Perhaps the key quote is: “All polls have random sampling error, inherent in relying on a sample of the population. And they all have to figure out who will vote and what their preferences are. The best polls are transparent about this.”
Much of the rest of the article describes the sorts of “adjustments” that pollsters make to convert their raw data into publishable polls.
Their discussion, which describes only the categories of adjustments rather than specifics, thus raises important questions: How much transparency is required for a poll to qualify as transparent? Do the Post’s own polls meet the transparency test their own polling director requires?
AAPOR is upfront about the sort of transparency it has in mind—and it’s not transparency to the public.
The “Transparency Initiative is designed to promote methodological disclosure ... that assists survey organizations. ... [It] is an approach to the goal of an open science of survey research.” AAPOR’s goal is to get professional pollsters to share the lessons they learn about methodology in order to improve future polls. Stale data, while of little interest to the broad public, remains interesting to professionals studying polling, statistics, survey methods, and public opinion.
Nothing is wrong—and a great deal is right—with that goal. AAPOR encourages proprietary organizations to share the lessons they’ve learned, without asking them to reveal data that may still have commercial value. There’s little doubt that allowing pollsters to keep their raw data and adjustments proprietary for a year increases participation.
With that in mind, it’s worth noting that on its way to cheering transparency, the Post referred to two very different phenomena: “random sampling error” and “[figuring] out who will vote.”

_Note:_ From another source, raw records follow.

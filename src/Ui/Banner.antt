-- ===== src/Ui/Banner.antt =====
-- What the banner says of an error that ended the session.
use council.Ui.Html.{Html}
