-- ===== src/Tests/Ui.antt =====
-- The views' theorems at a debate with one panelist speaking.
use mathlib.Core.Option
use council.Prelude.{ℕ, Text, ℕ-Key, ◌≡◌, Bool, false, map, if◌then◌else◌, some, [], ◌∷◌, text}
use council.Prelude.Dict
use council.Persona.{skeptic, moderator, PersonaId-Key}
use council.Protocol.{ErrorEvent}
use council.Reducer.{DebatePhase, DebateState, initial_state}
use council.Ui.Decimal.{decimal, number_of}
use council.Ui.Controls.{round_options, rounds_selector}
use council.Ui.Choices.{choices, chosen, rounds_selector-choices}
use council.Protocol.Ask.{whole, valid_rounds}
use council.Ui.Html.{says, Html, blank, words, ◌⊹◌, clicks}
use council.Ui.Markdown.{Part, link, Rendered, markdown, AllKeepOpener, markdown-harmless}

abbrev debating : DebateState
debating = record initial_state {
  phase = DebatePhase.debating;
  current_round = 1;
  transcript = (skeptic, (1, text "Not so fast") ∷ []) ∷ [];
  active_speakers = skeptic ∷ [];
}

rounds_selector-choices_example :
    (choices (rounds_selector 6 (λ r. r ∷ []) false)
      ≡ (if false then [] else map (λ r. (decimal r, r ∷ [])) round_options))
    × ((n : ℕ) → Dict.has n round_options ≡ valid_rounds (whole n))
    × (map (Option.map number_of) (chosen (rounds_selector 6 (λ r. r ∷ []) false)) ≡ some 6 ∷ [])
rounds_selector-choices_example = rounds_selector-choices 6 (λ r. r ∷ []) false

-- The text that is revealed is the text.
abbrev at_once : Text → Bool → Text
at_once t b = t

abbrev failure : ErrorEvent
failure = record { error = text "no synthesis"; persona = some moderator }

-- A library that renders a text as one link to it.
abbrev one_link : (Part → Html ℕ → Html ℕ) → Text → Html ℕ
one_link render t = render (link (some t)) (words t blank) ⊹ blank

markdown-harmless_example :
    (clicks (markdown one_link (text "a")) ≡ []) × AllKeepOpener (markdown one_link (text "a"))
markdown-harmless_example =
    markdown-harmless one_link
      (λ t.
        Rendered.part (link (some t)) (words t blank) blank (Rendered.says t blank Rendered.nothing)
          Rendered.nothing)
      (text "a")
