-- ===== src/Ui.antt =====
-- The React views: each component is a function from its props to a tree of elements. Class names,
-- styles and purely decorative attributes are left out. What a component keeps by `useState` is an
-- argument, and its handlers are messages.
pub mod Html
pub mod Decimal
pub mod Controls
pub mod QuestionForm
pub mod Status
pub mod Transcript
pub mod Verdict
pub mod Markdown
pub mod Overlay
pub mod Layouts
pub mod Debug
pub mod Parts
pub mod Offers
pub mod TranscriptOffers
pub mod StageOffers
pub mod Banner
pub mod Rounds
pub mod Choices
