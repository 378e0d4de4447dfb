-- ===== src/Ui/Debug.antt =====
-- The debug view, frontend/src/components/DebugView.tsx. `dump` stands for the JSON that the view
-- prints of the state.
use council.Prelude.{ℕ, Bool, not, ◌&&◌, some, List, [], ◌∷◌, ◌++◌, Text, text}
use council.Protocol.Ask.{BuildAskResult, build_ask, whole, trim}
use council.Reducer.{DebatePhase, DebateState}
use council.Ui.Html.{
  Html, Tag, blank, el, says, only_if, each, ◌⊹◌, on_click, on_change, disabled, value,
}
use council.Ui.Decimal.{decimal, number_of}
use council.Ui.Controls.{round_options}
use council.Ui.QuestionForm.{is_built, error_of, is_filled}

-- The names of the phases, which the view prints.
abbrev pub phase_text : DebatePhase → Text
phase_text DebatePhase.idle = text "idle"
phase_text DebatePhase.connecting = text "connecting"
phase_text DebatePhase.debating = text "debating"
phase_text DebatePhase.moderating = text "moderating"
phase_text DebatePhase.done = text "done"
phase_text DebatePhase.stopped = text "stopped"
phase_text DebatePhase.error = text "error"

-- `phase === "connecting"`.
abbrev pub is_connecting : DebatePhase → Bool
is_connecting phase = elim phase [ DebatePhase.connecting ↦ Bool.true | _ ↦ Bool.false ]

-- What the view's hooks give it: the debate's, and its own question and rounds with their setters.
pub record DebugProps (M : Type 0) : Type 0 where
  pub state : DebateState
  pub on_ask : Text → ℕ → List M
  pub on_stop : List M
  pub question : Text
  pub rounds : ℕ
  pub on_question : Text → List M
  pub on_rounds : ℕ → List M

module _ {M : Type 0} (dump : DebateState → Text) where
  unfoldable pub debug_view : DebugProps M → Html M
  debug_view p =
      let validation : BuildAskResult = build_ask p.question (some (whole p.rounds)) in
      let can_ask : Bool = is_built validation && not (is_connecting p.state.phase) in
      el Tag.main [] (
        el Tag.h1 [] (says (text "Council ") ⊹ el Tag.span [] (says (text "· F0 debug")))
        ⊹ (el Tag.section [] (
              el Tag.textarea (value p.question ∷ on_change p.on_question ∷ []) blank
              ⊹ (el Tag.div [] (
                    el Tag.label [] (
                      says (text "rounds ")
                      ⊹ el Tag.select
                          (value (decimal p.rounds)
                            ∷ on_change (λ s. p.on_rounds (number_of s))
                            ∷ [])
                          (each (λ r. el Tag.option (value (decimal r) ∷ []) (says (decimal r)))
                            round_options))
                    ⊹ (el Tag.button
                          (disabled (not can_ask) ∷ on_click (p.on_ask p.question p.rounds) ∷ [])
                          (says (text "Convene"))
                        ⊹ (el Tag.button (on_click p.on_stop ∷ []) (says (text "Stop"))
                            ⊹ el Tag.span [] (says (text "phase: " ++ phase_text p.state.phase)))))
                  ⊹ only_if (not (is_built validation) && is_filled (trim p.question))
                      (el Tag.p [] (says (error_of validation)))))
            ⊹ el Tag.pre [] (says (dump p.state))))
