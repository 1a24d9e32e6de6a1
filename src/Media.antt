-- ===== src/Media.antt =====
-- The media layer (xztl/include/xztl-media.h): its geometry, and `xztl_media_check` and
-- `xztl_media_set` (xztl/src/xztl-core.c), which take it into use.
pub mod Geometry
pub mod Commands
pub mod Contexts
pub mod Options
pub mod Register
pub mod Zones
pub mod Completion
pub mod Queues
use x_ztl.Common.{
  ℕ, ◌*◌, ◌%◌, ◌^◌, Bool, true, false, ◌||◌, ltb, ◌==◌, if◌then◌else◌, Option, none, some,
}
use x_ztl.Consts.{
  xztl_ok, xztl_mem, xztl_noinit, xztl_noexit, xztl_media_noio, xztl_media_nozone,
  xztl_media_noalloc, xztl_media_nofree, xztl_media_geo,
}

abbrev pub xztl_media_max_grp : ℕ
xztl_media_max_grp = 128

abbrev pub xztl_media_max_pugrp : ℕ
xztl_media_max_pugrp = 8

abbrev pub xztl_media_max_znpu : ℕ
xztl_media_max_znpu = 8388608

abbrev pub xztl_media_max_seczn : ℕ
xztl_media_max_seczn = 8388608

abbrev pub xztl_media_max_secsz : ℕ
xztl_media_max_secsz = 1048576

abbrev pub xztl_media_max_oobsz : ℕ
xztl_media_max_oobsz = 128

-- struct xztl_mgeo
pub record Mgeo : Type 0 where
  pub ngrps : ℕ
  pub pu_grp : ℕ
  pub zn_pu : ℕ
  pub sec_zn : ℕ
  pub nbytes : ℕ
  pub nbytes_oob : ℕ
  pub zn_dev : ℕ
  pub zn_grp : ℕ
  pub sec_dev : ℕ
  pub sec_grp : ℕ
  pub sec_pu : ℕ
  pub nbytes_zn : ℕ
  pub nbytes_grp : ℕ
  pub oob_grp : ℕ
  pub oob_pu : ℕ
  pub oob_zn : ℕ

-- struct xztl_media: its geometry, and which of its functions are there.
pub record Media : Type 0 where
  pub geo : Mgeo
  pub init_fn : Bool
  pub exit_fn : Bool
  pub submit_io : Bool
  pub zone_fn : Bool
  pub dma_alloc : Bool
  pub dma_free : Bool
  pub cmd_exec : Bool

-- A product of two `uint32_t`.
abbrev pub mul32 : ℕ → ℕ → ℕ
mul32 a b = a * b % 2 ^ 32

-- `!x || x > max`
abbrev pub off_limits : ℕ → ℕ → Bool
off_limits max x = (x == 0) || ltb max x

-- The test of the geometry.
unfoldable pub bad_geometry : Mgeo → Bool
bad_geometry g =
    off_limits xztl_media_max_grp g.ngrps
    || (off_limits xztl_media_max_pugrp g.pu_grp
        || (off_limits xztl_media_max_znpu g.zn_pu
            || (off_limits xztl_media_max_seczn g.sec_zn
                || (off_limits xztl_media_max_secsz g.nbytes
                    || ltb xztl_media_max_oobsz g.nbytes_oob))))

-- "Fill up geometry fields"; `nbytes * sec_zn` is a product of 32 bits before it meets `1UL`.
unfoldable pub fill_geometry : Mgeo → Mgeo
fill_geometry g =
    let zn_grp = mul32 g.pu_grp g.zn_pu in
    let sec_grp = mul32 zn_grp g.sec_zn in
    let sec_pu = mul32 g.zn_pu g.sec_zn in
    let nbytes_zn = mul32 g.nbytes g.sec_zn in
    record g {
      zn_grp = zn_grp;
      zn_dev = mul32 zn_grp g.ngrps;
      sec_grp = sec_grp;
      sec_pu = sec_pu;
      sec_dev = mul32 sec_grp g.ngrps;
      nbytes_zn = nbytes_zn;
      nbytes_grp = nbytes_zn * zn_grp % 2 ^ 64;
      oob_grp = mul32 sec_grp g.nbytes_oob;
      oob_pu = mul32 sec_pu g.nbytes_oob;
      oob_zn = mul32 g.sec_zn g.nbytes_oob;
    }

-- The function pointers in their order: the code of the first that is missing.
unfoldable pub missing_fn : Media → Option ℕ
missing_fn m =
    if m.init_fn
    then (if m.exit_fn
        then (if m.submit_io
            then (if m.zone_fn
                then (if m.dma_alloc
                    then (if m.dma_free then none else some xztl_media_nofree)
                    else some xztl_media_noalloc)
                else some xztl_media_nozone)
            else some xztl_media_noio)
        else some xztl_noexit)
    else some xztl_noinit

unfoldable pub media_check : Media → ℕ × Media
unfolding missing_fn bad_geometry fill_geometry
media_check m = elim (missing_fn m) [
  | some err ↦ (err, m)
  | none ↦
      if bad_geometry m.geo
      then (xztl_media_geo, m)
      else (xztl_ok, record m { geo = fill_geometry m.geo })
]

-- The new `core.media`, and the caller's structure, which the check has filled; `allocated` is whether
-- malloc gives memory. Without it the pointer is null.
unfoldable pub media_set : Bool → Option Media → Media → ℕ × Option Media × Media
unfolding media_check
media_set allocated core m =
    let (ret, filled) = media_check m in
    if ret == xztl_ok
    then (if allocated then (xztl_ok, some filled, filled) else (xztl_mem, none, filled))
    else (ret, core, filled)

Random sampling error is an important component of statistical science. Statistics teaches that the preferences of a representative sample of a large population will approximate those of the entire population. Thus, it’s not necessary to ask everyone in California how they will vote to predict the California vote; a relatively small sampling of Californians will produce a pretty good approximation. Random sampling error refers to the range of actual outcomes that might produce the same “pretty good approximation.”
Because every poll incorporates sampling error, and because such errors are indeed random, it’s sometimes possible to eliminate, or “debias,” them. The simplest way to eliminate random errors is to take many measurements of the same item, then average the results. The prominent RealClearPolitics average of polls follows the logic of this approach; it treats each published poll as a distinct attempt to measure public opinion prone to randomly distributed sampling errors.
Figuring out who will vote is another matter.
As the Post makes clear, “figuring” is more art than science. When and how to adjust is a matter of pollster judgment, not statistical science. While good adjustments can debias raw data, the wrong adjustments can introduce non-random errors—“systematic bias.” Averaging can’t remove systematic biases that arise from human biases rather than from mathematics. If many pollsters draw their judgments from a shared conventional wisdom, their results will show the same bias, and averaging them can’t cancel it.
At the end of the day, polling organizations—as businesses—are well within their rights to withhold raw data and adjustments, and show only what they want the public to see. The suggestion that they’re being “transparent” when they do so, however, is misleading and hypocritical (at best). What the public sees is a polished number combining raw data and pollster judgment.
One consequence of the Transparency Initiative’s push toward sharing is that all pollsters will draw upon the same pooled conventional wisdom. They will thus all show systematic biases in the same direction. Past performance suggests that that direction is to the left—in this case, toward Joe Biden. The few public pollsters deploying unique techniques and boasting superior track records are projecting a different race—one that leans, or in some cases leaps, toward a Donald Trump victory.
Actual answers won’t be known for a few more days. When the dust settles, however, don’t be shocked if systematic errors and pollster bias are responsible for much of Biden’s lead in the polls.